Saved entries
-- ===== src/Scan/Job/Handed.antt =====
-- What a call of sane_pantum_read in src/pantum.c does to a page, and the part of it behind the loop.
use mathlib.Core.Path.{subst}
use pantum_open.Base.{
  ℕ, ◌+◌, ◌-◌, ◌*◌, ◌≤◌, ◌≡◌, refl, sym, ap, ◌∙◌, Bool, true, false, not, ◌&&◌, Option, none, some,
  List, [], ◌++◌, append-nil, length, take, drop, length-take, length-drop, take-append-drop,
  drop-drop, ◌==◌, ==→eq, eq→==, if-cases, arith, inl, inr, ◌⊎◌,
}
use pantum_open.Scan.Status.{Status, good, eof}
use pantum_open.Scan.Usb.{Wire}
use pantum_open.Scan.Window.{Parameters}
use pantum_open.Scan.Handle.{Handle}
use pantum_open.Scan.Image.{unread, Appended, Appended-trans}
use pantum_open.Scan.Job.Entry.{Reading, smaller_len, deliver, wants_rows}
use pantum_open.Scan.Job.Settled.{Fixed, fixed}
use pantum_open.Scan.Job.Wait.{IsIdle, IsReading}

-- The handle with the bytes that were handed out back in front of its queue.
abbrev pub put_back : List ℕ → Handle → Handle
put_back read h = record h { out = record h.out { bytes = read ++ unread h.out; pos = 0 } }

-- What a call of sane_pantum_read does to a page of which `given` bytes have been handed out.
pub record ReadDone (given max_length : ℕ) (h : Handle) (r : Reading) : Type 0 where
  pub same : fixed r.2 ≡ fixed h
  pub most : length r.1 ≤ max_length
  pub order : Appended h (put_back r.1 r.2)
  pub going : (r.0 ≡ none) ⊎ (r.0 ≡ some good) → IsReading (given + length r.1) r.2
  pub blocks : r.0 ≡ some good → h.non_blocking ≡ false → 1 ≤ length r.1
  pub over : r.0 ≡ some eof → (r.1 ≡ []) × (given ≡ h.params.lines * h.params.bytes_per_line)
  pub failed :
      (st : Status) → ¬ (st ≡ good) → ¬ (st ≡ eof) → r.0 ≡ some st → (r.1 ≡ []) × IsIdle r.2

pub some_status : (s t : Status) → some s ≡ some t → s ≡ t
some_status s t e = ap (λ o. elim o [ none ↦ s | some x ↦ x ]) e

eof_of : (b c : Bool) → b ≡ true → (b && not c) ≡ false → c ≡ true
eof_of true true e k = refl
eof_of true false e k = cc
eof_of false c e k = cc

pub nothing_read : (h : Handle) → Appended h (put_back [] h)
nothing_read h = record {
  rows = [];
  count = omega arith;
  full = tt;
  bytes = sym (append-nil (unread h.out));
}

pub no_row : (h : Handle) → Appended h h
no_row h = record {
  rows = [];
  count = omega arith;
  full = tt;
  bytes = sym (append-nil (unread h.out));
}

-- The end of a page that has been handed out.
page_over :
    (given max_length : ℕ) (h : Handle) (w : Wire)
    → IsReading given h
    → wants_rows h ≡ false
    → length h.out.bytes - h.out.pos ≡ 0
    → ReadDone given max_length h (some eof, [], h, w)
page_over given max_length h w i no_rows e = record {
  same = refl;
  most = omega arith;
  order = nothing_read h;
  going = λ o. absurd (wrong o);
  blocks = λ g n. cc;
  over = λ g. (refl, total (eof_of _ h.eof (eq→== _ _ (omega (arith, e, i.queue))) no_rows));
  failed = λ st a b g. absurd (b (sym (some_status eof st g)));
}
  where
    wrong : ¬ ((some eof ≡ none) ⊎ (some eof ≡ some good))
    wrong (inl e) = cc
    wrong (inr e) = cc

    total : h.eof ≡ true → given ≡ h.params.lines * h.params.bytes_per_line
    total f =
        let full : h.next_row ≡ h.params.lines = omega (arith, i.within, i.over f) in
        omega (
          arith,
          i.count,
          e,
          length-drop h.out.pos h.out.bytes,
          ap (λ n. n * h.params.bytes_per_line) full,
        )

-- Bytes that are handed out.
hands_out :
    (given max_length n : ℕ) (h : Handle) (w : Wire)
    → IsReading given h
    → n ≤ length h.out.bytes - h.out.pos
    → n ≤ max_length
    → 1 ≤ n
    → ReadDone given max_length h (
      some good,
      take n (drop h.out.pos h.out.bytes),
      record h { out = record h.out { pos = h.out.pos + n } },
      w,
    )
hands_out given max_length n h w i k m z =
    let l : length (take n (drop h.out.pos h.out.bytes)) ≡ n =
      omega
        (arith, length-take n (drop h.out.pos h.out.bytes), length-drop h.out.pos h.out.bytes) in
    record {
      same = refl;
      most = omega (arith, l);
      order = record {
        rows = [];
        count = omega arith;
        full = tt;
        bytes =
            ap (λ zs. take n (unread h.out) ++ zs) (sym (drop-drop h.out.pos n h.out.bytes))
            ∙ take-append-drop n (unread h.out)
            ∙ sym (append-nil (unread h.out));
      };
      going = λ o. record {
        sheet = i.sheet;
        queue = omega (arith, i.queue);
        settled = record { lock = i.settled.lock; feeds = i.settled.feeds };
        within = i.within;
        running = i.running;
        over = i.over;
        count = omega (
          arith,
          l,
          i.count,
          length-drop (h.out.pos + n) h.out.bytes,
          length-drop h.out.pos h.out.bytes,
        );
      };
      blocks = λ g b. omega (arith, l);
      over = λ g. cc;
      failed = λ st a b g. absurd (a (sym (some_status good st g)));
    }

pub deliver-ReadDone :
    (given max_length : ℕ) (h : Handle) (w : Wire)
    → IsReading given h
    → wants_rows h ≡ false
    → 1 ≤ max_length
    → ReadDone given max_length h (deliver max_length h w)
unfolding deliver
deliver-ReadDone given max_length h w i no_rows z =
    if-cases (ReadDone given max_length h) (length h.out.bytes - h.out.pos == 0) _ _
      (λ e. page_over given max_length h w i no_rows (==→eq _ _ e))
      (λ e.
        hands_out given max_length (smaller_len (length h.out.bytes - h.out.pos) max_length) h w i
          (ground arith) (ground arith) (ground arith))

-- The call is not through: it still waits, or nothing has come in.
pub nothing_yet :
    (given max_length : ℕ) (o : Option Status) (h h' : Handle) (w : Wire)
    → (o ≡ none) ⊎ ((o ≡ some good) × (h.non_blocking ≡ true))
    → fixed h' ≡ fixed h
    → Appended h h'
    → IsReading given h'
    → ReadDone given max_length h (o, [], h', w)
nothing_yet given max_length o h h' w c e a i = record {
  same = e;
  most = omega arith;
  order = record { rows = a.rows; count = a.count; full = a.full; bytes = a.bytes };
  going = λ g. subst (λ n. IsReading n h') (omega arith) i;
  blocks = λ g b. absurd (no_block c g b);
  over = λ g. absurd (no_eof c g);
  failed = λ st n m g. absurd (no_fail c st n g);
}
  where
    no_block :
        (o ≡ none) ⊎ ((o ≡ some good) × (h.non_blocking ≡ true))
        → o ≡ some good
        → h.non_blocking ≡ false
        → ⊥
    no_block (inl e) g b = cc
    no_block (inr (e, t)) g b = cc

    no_eof : (o ≡ none) ⊎ ((o ≡ some good) × (h.non_blocking ≡ true)) → ¬ (o ≡ some eof)
    no_eof (inl e) g = cc
    no_eof (inr (e, t)) g = cc

    no_fail :
        (o ≡ none) ⊎ ((o ≡ some good) × (h.non_blocking ≡ true))
        → (st : Status) → ¬ (st ≡ good)
        → ¬ (o ≡ some st)
    no_fail (inl e) st n g = cc
    no_fail (inr (e, t)) st n g = n (some_status st good (sym g ∙ e))

-- Behind a frame that went well.
pub later :
    (given max_length : ℕ) (h h' : Handle) (r : Reading)
    → fixed h' ≡ fixed h
    → Appended h h'
    → ReadDone given max_length h' r
    → ReadDone given max_length h r
later given max_length h h' r e a d =
    let p : h'.params ≡ h.params = ap (λ (f : Fixed). f.1) e in
    record {
      same = d.same ∙ e;
      most = d.most;
      order = Appended-trans h h' (put_back r.1 r.2) p a d.order;
      going = d.going;
      blocks = λ g b. d.blocks g (ap (λ (f : Fixed). f.3) e ∙ b);
      over =
          λ g. ((d.over g).0, (d.over g).1 ∙ ap (λ (k : Parameters). k.lines * k.bytes_per_line) p);
      failed = d.failed;
    }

» **Work instruction**: Please reproduce exactly the lines above, beginning with the first and ending with the line that contains "-- The handle", and include nothing outside that range.

» **Solved exercise**:
-- ===== src/Scan/Job/Handed.antt =====
-- What a call of sane_pantum_read in src/pantum.c does to a page, and the part of it behind the loop.
use mathlib.Core.Path.{subst}
use pantum_open.Base.{
  ℕ, ◌+◌, ◌-◌, ◌*◌, ◌≤◌, ◌≡◌, refl, sym, ap, ◌∙◌, Bool, true, false, not, ◌&&◌, Option, none, some,
  List, [], ◌++◌, append-nil, length, take, drop, length-take, length-drop, take-append-drop,
  drop-drop, ◌==◌, ==→eq, eq→==, if-cases, arith, inl, inr, ◌⊎◌,
}
use pantum_open.Scan.Status.{Status, good, eof}
use pantum_open.Scan.Usb.{Wire}
use pantum_open.Scan.Window.{Parameters}
use pantum_open.Scan.Handle.{Handle}
use pantum_open.Scan.Image.{unread, Appended, Appended-trans}
use pantum_open.Scan.Job.Entry.{Reading, smaller_len, deliver, wants_rows}
use pantum_open.Scan.Job.Settled.{Fixed, fixed}
use pantum_open.Scan.Job.Wait.{IsIdle, IsReading}

-- The handle with the bytes that were handed out back in front of its queue.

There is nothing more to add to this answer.